Keep Your Dispensing Safety Role by Questioning AI, Not Deferring to It
Your position as the last professional check before a patient receives a medication exists because computer systems have limits. A patient comes in with a new epilepsy prescription and a list of over-the-counter supplements. The EHR flags one interaction. You know epilepsy patients, you know which supplements actually matter, and you recognise a dosing pattern that concerns you for this particular person. The AI did its job. You do something harder: you apply experience and context that no system can hold. The moment you stop doing this thinking and accept what the system says, you have given away the role that matters most.
- ›Whenever an AI system recommends accepting a prescription without change, spend 30 seconds asking yourself what clinical reason would make you contact the prescriber. If you can name one, contact them.
- ›Set a rule for your practice: one prescription per shift where you actively question the AI recommendation even if the system shows green. This keeps your critical thinking muscle in use.
- ›Document the rare occasions when you catch something the AI missed. These become proof that your judgement still matters. They also show patterns that might improve your system settings.
Protect the Skills That Make You Irreplaceable
Some of your clinical skills will improve through AI support. You will spot patterns faster and access information wider. Other skills will atrophy if you do not use them. The ability to assess a patient's adherence from their behaviour in the pharmacy. The instinct to recognise when someone is taking a medication wrong and why. The conversation skill that helps a patient say what they are actually worried about. These are not tasks you can automate and still retain. They are the thinking you must do to stay sharp. When you give these tasks to AI to handle, you lose them.
- ›Identify three clinical judgements you make most often. For each one, spend two weeks per year without AI support. Do the assessment or counselling from your own knowledge and experience first, then check what the system would have recommended.
- ›Record what prescribers ask you about most often. These conversations are where your expertise is most visible and most valuable. Protect time for them and do not let AI-generated responses replace your voice.
- ›Ask a colleague what they see you do best in practice. If it is something no AI system is currently trying to do, you have found your core irreplaceable skill.
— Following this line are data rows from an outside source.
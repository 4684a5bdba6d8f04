-- ===== src/AckedLog/Bounds.antt =====
-- The order of the pending entries of src/server/acked_log.rs, between what is learned and what
-- is accepted.
use rasputin.Prelude.{ℕ, ◌≤◌, ◌<◌, ◌≡◌, refl, [], ◌∷◌, ok, arith, nat_key}
use rasputin.BTreeMap.{BTreeMap, insert}
use rasputin.AckedLog.{
  LogEntry, Acked, InMemoryLog, PeerId, append, push_pending, append_ack, push_ack, learn_entry,
  take_quorum, ack_up_to, take_up_to, commit_up_to,
}

module _ {ℓ} {T : Type ℓ} where
  -- The keys rise from above `lo` up to `hi` at most, and each is the txid of its entry.
  abbrev pub Within : ℕ → ℕ → BTreeMap ℕ (Acked (LogEntry T)) → Type 0
  Within lo hi [] = lo ≤ hi
  Within lo hi ((j, ent) ∷ m) = (lo < j) × (ent.inner.txid ≡ j) × Within j hi m

  -- What is pending lies above what is learned and within what is accepted, in order.
  abbrev pub IsValid : InMemoryLog T → Type 0
  IsValid log = Within log.last_learned_txid log.last_accepted_txid log.pending

  pub Within-le : (lo hi : ℕ) (m : BTreeMap ℕ (Acked (LogEntry T))) → Within lo hi m → lo ≤ hi
  Within-le lo hi [] w = w
  Within-le lo hi ((j, ent) ∷ m) w = omega (arith, Within-le j hi m w.2)

  Within-insert :
      (lo hi t : ℕ) (ent : Acked (LogEntry T)) (m : BTreeMap ℕ (Acked (LogEntry T)))
      → Within lo hi m
      → hi < t
      → ent.inner.txid ≡ t
      → Within lo t (insert t ent m)
  unfolding insert
  Within-insert lo hi t ent [] w h e = ground arith
  Within-insert lo hi t ent ((j, x) ∷ m) w h e =
      ground (arith, Within-le j hi m w.2, Within-insert j hi t ent m w.2 h e)

  pub Within-append_ack :
      (peer : PeerId) (lo hi : ℕ) (m : BTreeMap ℕ (Acked (LogEntry T)))
      → Within lo hi m
      → Within lo hi (append_ack peer m)
  unfolding append_ack push_ack
  Within-append_ack peer lo hi [] w = w
  Within-append_ack peer lo hi ((j, ent) ∷ m) w = ground (arith, Within-append_ack peer j hi m w.2)

  pub append-ok :
      (log : InMemoryLog T) (term txid : ℕ) (entry : T)
      → log.last_accepted_txid < txid
      → append log term txid entry ≡ ok (push_pending log term txid entry)
  unfolding append
  append-ok log term txid entry h = ground arith

  -- What `append` does past its assertion keeps a valid log valid, for a txid above the last
  -- accepted one.
  pub push_pending-IsValid :
      (log : InMemoryLog T) (term txid : ℕ) (entry : T)
      → IsValid log
      → log.last_accepted_txid < txid
      → IsValid (push_pending log term txid entry)
  unfolding push_pending
  push_pending-IsValid log term txid entry v h =
      Within-insert log.last_learned_txid log.last_accepted_txid txid _ log.pending v h refl

  -- A valid log stays valid under the loop of `ack_up_to`, which accepts nothing.
  pub take_quorum-IsValid :
      (m : BTreeMap ℕ (Acked (LogEntry T))) (log : InMemoryLog T)
      → Within log.last_learned_txid log.last_accepted_txid m
      → IsValid (take_quorum m log).0
        × ((take_quorum m log).0.last_accepted_txid ≡ log.last_accepted_txid)
        × (log.last_learned_txid ≤ (take_quorum m log).0.last_learned_txid)
  unfolding take_quorum
  take_quorum-IsValid [] log w = ground arith
  take_quorum-IsValid ((j, ent) ∷ m) log w =
      ground (arith, take_quorum-IsValid m (learn_entry log j ent.inner))

  take_up_to-IsValid :
      (t : ℕ) (m : BTreeMap ℕ (Acked (LogEntry T))) (log : InMemoryLog T)
      → Within log.last_learned_txid log.last_accepted_txid m
      → IsValid (take_up_to t m log).0
        × ((take_up_to t m log).0.last_accepted_txid ≡ log.last_accepted_txid)
        × (log.last_learned_txid ≤ (take_up_to t m log).0.last_learned_txid)
  unfolding take_up_to
  take_up_to-IsValid t [] log w = ground arith
  take_up_to-IsValid t ((j, ent) ∷ m) log w =
      ground (arith, take_up_to-IsValid t m (learn_entry log t ent.inner))

  -- ack_up_to keeps a valid log valid, accepts nothing, and never takes back what is learned.
  pub ack_up_to-IsValid :
      (log : InMemoryLog T) (txid : ℕ) (peer : PeerId)
      → IsValid log
      → IsValid (ack_up_to log txid peer).0
        × ((ack_up_to log txid peer).0.last_accepted_txid ≡ log.last_accepted_txid)
        × (log.last_learned_txid ≤ (ack_up_to log txid peer).0.last_learned_txid)
  unfolding ack_up_to
  ack_up_to-IsValid log txid peer v =
      take_quorum-IsValid (append_ack peer log.pending) log (Within-append_ack peer _ _ _ v)

  -- commit_up_to keeps a valid log valid, accepts nothing, and never takes back what is learned.
  pub commit_up_to-IsValid :
      (log : InMemoryLog T) (txid : ℕ)
      → IsValid log
      → IsValid (commit_up_to log txid).0
        × ((commit_up_to log txid).0.last_accepted_txid ≡ log.last_accepted_txid)
        × (log.last_learned_txid ≤ (commit_up_to log txid).0.last_learned_txid)
  unfolding commit_up_to
  commit_up_to-IsValid log txid v = take_up_to-IsValid txid log.pending log v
Build your practice around it.
Key principles
- 1.Alert fatigue is a safety problem, not a time management problem. You must actively manage which alerts change your thinking and which ones you have decided not to act on.
- 2.AI recommendations are correct about the interaction or the dosing. Your judgement is correct about whether the recommendation applies to this patient at this moment.
- 3.Patient counselling scripted by AI covers what patients need to know. Your conversation covers what this patient needs to hear.
- 4.Your dispensing safety role exists because systems have limits. The moment you stop questioning those limits, you have given away your role.
- 5.Skills you do not use will fade. The skills that matter most to your practice are the ones no AI system can replace yet.
Key reminders
- When you override an alert more than twice, change your system settings rather than continue clicking through. This protects your attention for real risks.
- Before following clinical decision support, spend 10 seconds listing what the system does not know about your patient. If the list matters, your judgement matters.
- Generate AI counselling language, then put it away and have the real conversation. Use the generated text only if you forget what you wanted to say.
- Catch yourself dispensing without thinking by asking: what prescriber question would I need to call about right now? If you cannot answer, you are not thinking deeply enough.
- Spend two weeks per quarter working without AI decision support for one common scenario. The thinking muscle you maintain might be the one that catches the serious error.